As a full-fledged member of GM’s production network, Azambuja has instituted the Global Manufacturing System (GMS) and works with other production facilities in Europe to standardize best practices and solve individual problems. Apfel says this community atmosphere is a big change from the fiefdoms of the past and gives GM a competitive advantage. “All you have to do is raise your hand and say you need help, and you’re going to get it.” He goes on to say, “I also know the cost details of all of GM’s plants in Europe because there is absolute transparency. There is no sense in playing games (between plants) because we don’t have time.”


Silicon Chips to Cast-Iron Chips: Visteon Palmela
Visteon’s Palmela plant houses what has got to be one of the most unusual operational mixes in the automotive industry. The 500,000-ft2 plant started out assembling electronic components in 1991, but in 1998 it added iron and aluminum machining capabilities and began turning out scroll compressors. Plant manager Sunil Bilolikar says that the ultra-clean mindset necessary for electronics work translated directly to the machining operations helping to make them among the cleanest in the world.


Palmela deals with a lot of complexity, churning out about 300 different products including radios, front and side crash sensors, voice control modules, instrument clusters and air handling assemblies. (These large assemblies are injection molded and assembled on site and shipped just-in-time to AutoEuropa a few kilometers away.) It uses lean manufacturing cells that range from five to 12 people. Each person is trained to do every job in the cell, which gives the plant the flexibility to adjust production based on the number of workers and vice versa. (This capability was effectively illustrated on the day I visited. There was a pan-European protest strike, so some of Palmela’s workers stayed home, but production continued to run at a healthy clip.) Flexibility is further enhanced by simple, effective ideas like lightweight workstations that can be switched out in a few seconds to accommodate product changes.
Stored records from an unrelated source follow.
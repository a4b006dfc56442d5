-- ===== src/Tests.antt =====
-- Runs of the model on small inputs, and instances of the theorems.
mod FileTests
mod XmlTests
mod ZipTests
mod EntryTests
mod RomTests
mod ScanTests
mod ReadTests
mod GameTests
mod TextTests
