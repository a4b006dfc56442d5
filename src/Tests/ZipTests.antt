-- ===== src/Tests/ZipTests.antt =====
-- Runs of zip.cc's model, and instances of the theorems about it.
use advancescan.Base.{
  Bytes, [], arith, false, length, none, ok, refl, some, true, ℕ, ◌++◌, ◌>>=◌, ◌∷◌, ◌≡◌,
}
use advancescan.Zip.Archive.{
  System, Zip, attributes_of, insert, insert_uncompressed, new_zip, size_not_zero,
}
use advancescan.Zip.Archive.Atomic.{Ending, reopen-close, save-Ending}
use advancescan.Zip.Archive.Directory.{open_zip}
use advancescan.Zip.Archive.Edit.{Copies, InRange, insert-appends}
use advancescan.Zip.Archive.Load.{load, reopen}
use advancescan.Zip.Archive.RoundTrip.{CanSave, Grants, load-open-save, restored}
use advancescan.Zip.Archive.Save.{eo_header, file_temp, save}
use advancescan.Zip.Archive.Save.Layout.{IsKept, all_cents, all_locals, placed_all, saved}
use advancescan.Zip.Entry.{Entry, entry_set, method_get, method_set}
use advancescan.Zip.Entry.Header.{cent_header}
use advancescan.Zip.Entry.Local.{compressed_read, local_header}
use advancescan.Zip.Entry.Methods.{Settable, stored_method}
use advancescan.Zip.Stream.{block}

abbrev pub checksum : Bytes → ℕ
checksum b = 77

abbrev pub empty_zip : Zip
empty_zip = record (new_zip (b'z' ∷ [])) { is_open = true; is_read = true }

abbrev pub item : Bytes → Bytes → Entry
item name bytes = record {
  info = record {
    version_made_by = 20;
    host_os = 0;
    version_needed_to_extract = 10;
    os_needed_to_extract = 0;
    general_purpose_bit_flag = 0;
    compression_method = 0;
    last_mod_file_time = 5;
    last_mod_file_date = 9;
    crc32 = 77;
    compressed_size = length bytes;
    uncompressed_size = length bytes;
    filename_length = length name;
    central_extra_field_length = 0;
    local_extra_field_length = 0;
    file_comment_length = 0;
    internal_file_attrib = 0;
    external_file_attrib = 0;
    relative_offset_of_local_header = 0xffffffff;
  };
  parent_name = b'z' ∷ [];
  file_name = name;
  file_comment = [];
  local_extra_field = [];
  central_extra_field = [];
  compdata = some bytes;
}

abbrev pub item_a : Entry
item_a = item (b'a' ∷ []) (1 ∷ 2 ∷ 3 ∷ [])

abbrev pub item_b : Entry
item_b = item (b'b' ∷ b'b' ∷ []) []

abbrev pub two_items : Zip
two_items = record empty_zip { entries = item_a ∷ item_b ∷ []; is_modify = true }

abbrev pub disk : System
disk = record {
  files = λ p. none;
  room = 1000;
  disk_room = λ p. 1000;
  can_stat = λ p. true;
  can_read = λ p. true;
  can_create = λ p. true;
  can_remove = λ p. true;
  can_rename = λ p q. true;
}

inserted :
    (insert_uncompressed checksum (b'a' ∷ []) (1 ∷ 2 ∷ 3 ∷ []) 77 9 5 false empty_zip
      >>= insert_uncompressed checksum (b'b' ∷ b'b' ∷ []) [] 77 9 5 false)
    ≡ ok two_items
unfolding insert_uncompressed entry_set method_set block
inserted = refl

pub item_a-IsKept : IsKept item_a
item_a-IsKept = ground arith

pub item_b-IsKept : IsKept item_b
item_b-IsKept = ground arith

two_items-CanSave : CanSave two_items disk
unfolding size_not_zero all_locals placed_all all_cents cent_header local_header eo_header
two_items-CanSave = record {
  opened = refl;
  loaded = refl;
  kept = (item_a-IsKept, (item_b-IsKept, tt));
  not_empty = refl;
  no_comment = refl;
  room = omega arith;
  small = omega arith;
}

disk-Grants : Grants disk (b'z' ∷ []) (file_temp (b'z' ∷ []) (b'1' ∷ []))
disk-Grants = record { stat = refl; read = refl; create = refl; remove = refl; rename = refl }

load-open-save_example :
    let (r, s') = save (b'1' ∷ []) two_items disk in
    (r ≡ ok (saved (record two_items { is_modify = false })))
    × ((open_zip true (new_zip (b'z' ∷ [])) s' >>= λ y. load true y s') ≡ ok (restored two_items))
load-open-save_example =
    load-open-save true (b'1' ∷ []) two_items disk two_items-CanSave disk-Grants
      two_items-CanSave.room

save-Ending_example :
    Ending
      (record (record two_items { is_modify = false }) { is_modify = false })
      (b'z' ∷ [])
      (file_temp (b'z' ∷ []) (b'1' ∷ []))
      disk
      (save (b'1' ∷ []) (record two_items { is_modify = false }) disk)
save-Ending_example = save-Ending (b'1' ∷ []) (record two_items { is_modify = false }) disk

reopen-close_example :
    reopen true two_items disk ≡ ok (record (new_zip []) { is_open = true; is_read = true })
reopen-close_example = reopen-close true two_items disk refl refl refl

readable_a : compressed_read true item_a none ≡ ok (1 ∷ 2 ∷ 3 ∷ [])
unfolding compressed_read block
readable_a = refl

a-Settable : Settable (method_get item_a.info) item_a.info
unfolding method_get
a-Settable = ((λ h. absurd cc), (λ h. absurd cc), (λ h. refl))

a-InRange : InRange (attributes_of item_a) (b'c' ∷ [])
a-InRange = ground arith

insert-appends_example :
    (e : Entry) × (insert true item_a none (b'c' ∷ []) two_items
      ≡ ok (record two_items { entries = two_items.entries ++ e ∷ []; is_modify = true }))
    × Copies item_a e (b'c' ∷ []) (1 ∷ 2 ∷ 3 ∷ [])
    × IsKept e
    × (method_get e.info ≡ stored_method (method_get item_a.info))
insert-appends_example =
    insert-appends true item_a none (b'c' ∷ []) (1 ∷ 2 ∷ 3 ∷ []) two_items refl readable_a refl
      a-Settable a-InRange
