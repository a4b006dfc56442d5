-- ===== src/Zip/Archive/Directory/Signature.antt =====
-- zip.cc: where ecd_find_sig looks.
use native.Mathlib.Decide.{dec_lt}
use advancescan.Base.{
  Bool-cases, Bytes, Option, arith, drop, false, inl, inr, length, none, some, suc, true, zero, ℕ,
  ◌+◌, ◌-◌, ◌<◌, ◌≡◌,
}
use advancescan.Zip.Archive.Directory.{ecd_compare_sig, ecd_find_sig, find_sig_below}
use advancescan.Zip.Format.{eo_fixed}

-- What ecd_find_sig answers: the last place where the signature stands with room for the whole
-- structure behind it, or that there is none.
abbrev pub Located : Bytes → ℕ → Option ℕ → Type 0
Located buf n none = (j : ℕ) → j < n → ecd_compare_sig (drop j buf) ≡ false
Located buf n (some k) =
    (k < n)
    × (ecd_compare_sig (drop k buf) ≡ true)
    × ((j : ℕ) → k < j → j < n → ecd_compare_sig (drop j buf) ≡ false)

find_sig_below-Located : (n : ℕ) (buf : Bytes) → Located buf n (find_sig_below n buf)
unfolding find_sig_below
find_sig_below-Located zero buf = λ j h. absurd (omega arith)
find_sig_below-Located (suc i) buf = elim (Bool-cases (ecd_compare_sig (drop i buf))) [
  | inl here ↦ rw here (omega arith, here, λ j h k. absurd (omega arith))
  | inr not_here ↦ rw not_here (go not_here (find_sig_below i buf) (find_sig_below-Located i buf))
]
  where
    at_i : (j : ℕ) → ¬ (j < i) → j < suc i → j ≡ i
    at_i j p q = omega arith

    extend :
        (j : ℕ)
        → (j < i → ecd_compare_sig (drop j buf) ≡ false)
        → j < suc i
        → ecd_compare_sig (drop i buf) ≡ false
        → ecd_compare_sig (drop j buf) ≡ false
    extend j f h last = elim (dec_lt j i) [ yes p ↦ f p | no p ↦ rw (at_i j p h) last ]

    go :
        ecd_compare_sig (drop i buf) ≡ false
        → (r : Option ℕ) → Located buf i r
        → Located buf (suc i) r
    go last none l = λ j h. extend j (l j) h last
    go last (some k) l = (omega arith, l.1, λ j p h. extend j (λ q. l.2 j p q) h last)

-- ecd_find_sig finds the last signature that has room for the structure behind it, and answers
-- that there is none only if there is none.
pub ecd_find_sig-Located :
    (buf : Bytes) → Located buf (length buf + 1 - eo_fixed) (ecd_find_sig buf)
unfolding ecd_find_sig
ecd_find_sig-Located buf = find_sig_below-Located (length buf + 1 - eo_fixed) buf
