-- ===== src/Zip/Entry/Header/Bounds.antt =====
-- zip.cc: load_cent and zip::open on directories that are cut.
use advancescan.Base.{
  Bytes, ap, arith, drop, err, length, length-append, length-drop, ok, overrun, refl, suc, ℕ, ◌++◌,
  ◌+◌, ◌<◌, ◌∙◌, ◌≡◌, ◌≤◌,
}
use advancescan.Endian.{le_uint32_read}
use advancescan.Zip.Archive.Directory.{read_entries}
use advancescan.Zip.Entry.{Entry, Info, new_entry}
use advancescan.Zip.Entry.Header.{cent_header, check_cent, load_cent, load_tail, read_cent}
use advancescan.Zip.Entry.Header.RoundTrip.{
  IsStored, cent_info, check_cent-cent_header, length-cent_header, read_cent-cent_header,
}
use advancescan.Zip.Format.{c_signature, co_fixed}
use advancescan.Zip.Stream.{block, short}

block_overrun : (b : Bytes) (n : ℕ) → length b < n → block b n ≡ err overrun
unfolding block
block_overrun b n h = ground arith

load_tail_overrun :
    (buf : Bytes) (i : Info) (e : Entry)
    → length buf < i.filename_length
    → load_tail buf i e ≡ err overrun
unfolding load_tail
load_tail_overrun buf i e h = rw (block_overrun buf i.filename_length h)

-- A directory entry whose fixed part is well formed, and whose stated file name is longer than
-- what is left of the buffer, is not refused: load_cent reads past the end of the buffer.
pub load_cent_overrun :
    (buf : Bytes) (e : Entry) (j : Info)
    → check_cent buf ≡ ok tt
    → read_cent buf e.info ≡ ok j
    → length buf < co_fixed + j.filename_length
    → co_fixed ≤ length buf
    → load_cent buf e ≡ err overrun
unfolding load_cent
load_cent_overrun buf e j c r short whole =
    let l = length-drop co_fixed buf in
    rw c (rw r (load_tail_overrun (drop co_fixed buf) j e (omega arith)))

header_signature :
    (i : Info) (rest : Bytes) → le_uint32_read (cent_header i ++ rest) 0 ≡ ok c_signature
unfolding cent_header
header_signature i rest = refl

-- So a directory that is cut inside the name of its only entry makes the loop of zip::open read
-- outside of its buffer, for every entry that can be stored and every such cut.
pub read_entries_overrun :
    (e : Entry) (start lost : Bytes) (fuel : ℕ) (parent : Bytes)
    → IsStored e
    → e.file_name ≡ start ++ lost
    → 0 < length lost
    → read_entries (suc fuel) parent (cent_header e.info ++ start) 0 ≡ err overrun
unfolding read_entries
read_entries_overrun e start lost fuel parent h cut some_lost =
    let l1 = length-append (cent_header e.info) start in
    let l2 = length-append start lost in
    let l3 = length-cent_header e.info in
    let l4 : e.info.filename_length ≡ length (start ++ lost) = h.name_is ∙ ap length cut in
    rw (header_signature e.info start) (
      rw (
        load_cent_overrun (cent_header e.info ++ start) (new_entry parent)
          (cent_info e.info (new_entry parent).info) (check_cent-cent_header e.info start h.fits)
          (read_cent-cent_header e.info (new_entry parent).info start h.fits) (omega arith)
          (omega arith)))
Palmela was the first plant ever to earn Ford’s “Q1” quality rating after only one inspection. It boasts a sophisticated error-checking system that keeps first time pass-through rates at around 99%. Electronic products are built from the ground up starting with flat, unpopulated circuit boards and not tested until the end of the line, so high quality must be maintained throughout the process. The same is true for the scroll compressors, which have to maintain such precise tolerances that helium is used to test for leaks on the final product because the molecules in the air are too large to detect the smallest defects.